A ring of radius $r = 25cm$ made of lead wire is rotated about a stationary vertical axis passing through its center and perpendicular to the plane of the ring. The angular speed in $rps$ at which the ring ruptures is $(20 + x)$. The value of $x$ is:

Answer 1

- Hint: You can start by assuming a small section on the ring $\theta $ . Then draw a well-labelled diagram including all the forces acting on the ring. Then compare the inwards and outwards forces on the ring that will give you this equation ${F_C} = 2T\sin \dfrac{\theta }{2}$. Then use the equation $F = ma$ and compare the two equations of force to get this equation $m{\omega ^2}R = T\theta $. Then use the equation $\because \rho = \dfrac{m}{V}$ and obtain the value of $m$ and substitute this value into $m{\omega ^2}R = T\theta $ to reach the solution.

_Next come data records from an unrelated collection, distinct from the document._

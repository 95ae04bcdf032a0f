-- ===== src/Config.antt =====
-- include/config.hpp and the accessors of src/config.cpp.
pub mod Yaml
pub mod Rules
pub mod Validation
pub mod Profiles
pub mod WellFormed
pub mod Loading
pub mod Keeps
pub mod Sections
pub mod Usable
pub mod Valid
use voix.Base.{
  Bool, true, false, Option, none, some, List, [], ◌∷◌, ◌++◌, Text, codes, contains, ltb, ◌&&◌,
  ◌||◌, ◌==◌, nat_eq, list_eq, if◌then◌else◌,
}
use voix.Rule.{Rule}

pub record SecurityProfile : Type 0 where
  pub retain_full_capabilities : Bool
  pub enable_seccomp : Bool
  pub enable_resource_limits : Bool
  pub scrub_environment : Bool
  pub preserve_full_environment : Bool
  pub seccomp_mode : Text
  pub seccomp_allow : List Text

abbrev pub k_seccomp_mode_blacklist : Text
k_seccomp_mode_blacklist = codes "blacklist"

abbrev pub k_seccomp_mode_allowlist : Text
k_seccomp_mode_allowlist = codes "allowlist"

-- `SecurityProfile{}`, and the "restricted" profile of `get_profile`.
abbrev pub default_profile : SecurityProfile
default_profile = record {
  retain_full_capabilities = false;
  enable_seccomp = true;
  enable_resource_limits = true;
  scrub_environment = true;
  preserve_full_environment = false;
  seccomp_mode = k_seccomp_mode_blacklist;
  seccomp_allow = [];
}

-- The messages of `last_error_`, by the call of `std::format` that makes each.
pub data ConfigError : Type 0 where
  file_not_found path_untrusted file_is_symlink unreadable_secure unreadable : Text → ConfigError
  yaml_error : ConfigError
  unknown_mode : Text → Text → ConfigError
  bad_syscall : Text → Text → ConfigError
  allow_without_allowlist allow_not_list allow_entry_not_scalar : Text → ConfigError
  invalid_regex : Text → ConfigError
  sanctuary_empty : ConfigError
  sanctuary_missing sanctuary_inaccessible sanctuary_not_directory sanctuary_untrusted :
      Text → ConfigError
  path_not_absolute : Text → ConfigError
  rule_without_identity : ConfigError
  rule_empty_argument : Text → ConfigError
  blocklist_empty_entry : ConfigError

pub record Config : Type 0 where
  pub sanctuary : Text
  pub path_list : List Text
  pub rules : List Rule
  pub security_profiles : List (Text × SecurityProfile)
  pub blocklist : List Text
  pub regex_blocklist : List Text  -- the patterns that were compiled
  pub unconfined_targets : List Text
  pub seccomp_enabled : Bool
  pub login_shell_default : Bool
  pub suppress_stderr : Bool
  pub last_error : Option ConfigError

-- `Config()`
abbrev pub default_config : Config
default_config = record {
  sanctuary = codes "/var/lib/voix";
  path_list = codes "/bin" ∷ codes "/sbin" ∷ codes "/usr/bin" ∷ codes "/usr/sbin" ∷ [];
  rules = [];
  security_profiles = [];
  blocklist = [];
  regex_blocklist = [];
  unconfined_targets = [];
  seccomp_enabled = true;
  login_shell_default = false;
  suppress_stderr = true;
  last_error = none;
}

-- `std::accumulate` of the entries behind the first, with a colon before each.
accumulate_path : Text → List Text → Text
accumulate_path acc [] = acc
accumulate_path acc (p ∷ ps) = accumulate_path (acc ++ b':' ∷ p) ps

unfoldable pub get_path : Config → Text
unfolding accumulate_path
get_path c = elim c.path_list [ [] ↦ [] | first ∷ more ↦ accumulate_path first more ]

unfoldable pub is_unconfined_target : Config → Text → Bool
unfolding contains
is_unconfined_target c user = contains c.unconfined_targets user

-- `std::map`: a lookup, and `operator[]` with an assignment.
unfoldable pub find_profile : Text → List (Text × SecurityProfile) → Option SecurityProfile
find_profile name [] = none
find_profile name ((key, profile) ∷ more) =
    if key == name then some profile else find_profile name more

-- The order of `std::string`, in which a map keeps its keys.
unfoldable pub text_less : Text → Text → Bool
text_less [] [] = false
text_less [] (d ∷ t) = true
text_less (c ∷ s) [] = false
text_less (c ∷ s) (d ∷ t) = ltb c d || (c == d && text_less s t)

unfoldable pub put_profile :
    Text → SecurityProfile → List (Text × SecurityProfile) → List (Text × SecurityProfile)
unfolding text_less
put_profile name profile [] = (name, profile) ∷ []
put_profile name profile ((key, old) ∷ more) =
    let rest = put_profile name profile more in
    if key == name
    then (name, profile) ∷ more
    else if text_less name key
    then (name, profile) ∷ (key, old) ∷ more
    else (key, old) ∷ rest

unfoldable pub get_profile : Config → Text → SecurityProfile
unfolding find_profile
get_profile c name = elim (find_profile name c.security_profiles) [
  | some profile ↦ profile
  | none ↦ default_profile
]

Complete step-by-step answer:
In the given situation the ring will only break if the tension on the ring will be equal to the breaking stress of the wire.
Let’s consider a small section of the ring $\theta $ (Assuming $\theta $ is very small)

Now, we know
In vertical direction the ring experiences an upwards force equal to the downwards force that the two ends experience
${F_C} = 2T\sin \dfrac{\theta }{2}$
${F_C} = T\theta $( $\because \theta $ is small)(Equation 1)
We know that acceleration of a rotating body is
$a = {\omega ^2}R$
And force is given by
$F = ma$
$F = m{\omega ^2}R$ (Equation 2)
Comparing equation 1 and 2, we get
$m{\omega ^2}R = T\theta $
$\because \rho = \dfrac{m}{V}$
$\therefore \rho V{\omega ^2}R = T\theta $ (Equation 3)
We know that
$V = l \times A$
Here $V = $ Volume
$l = $ Length
$A = $ Area of cross-section
$V = R\theta (2\pi {R^2})$
Using this value of $V$in equation 3, we get
$\rho \theta \pi {R^4}{\omega ^2} = T\theta $
$ \Rightarrow T = \rho \pi {R^4}{\omega ^2}$
We know that stress is
$Stress = \dfrac{{Force}}{{Area}}$
Let $\sigma $ be the breaking stress of the lead wire, so
$F = \sigma \pi {R^2}$
We know that for the ring to rupture
$\rho \pi {R^4}{\omega ^2} \geqslant \sigma \pi {R^2}$
So at the minimum for the ring to break
$\rho \pi {R^4}{\omega ^2} = \sigma \pi {R^2}$
$\omega = \sqrt {\dfrac{\sigma }{{\rho {R^2}}}} $
We know that the frequency ( $f$ or also called $rps$ ) is given by
$f = \dfrac{\omega }{{2\pi }}$
$f = \dfrac{1}{{2\pi R}}\sqrt {\dfrac{\sigma }{\rho }} $
We know that
$\sigma = 1.5 \times {10^7}N{m^{ - 2}}$
And $\rho = 11.3$
$\therefore f = 23rps$
Given, $f = 20 + x$
$23 = 20 + x$
$x = 3$
Hence, the value of $x$ is $3$ .

Note: The concept of stress used in this question is a very important concept. From a bridge to your smartphone every object is quality controlled based on a number of standards. This quality testing is very important because we don’t want our possessions to break during daily use and last us a long time.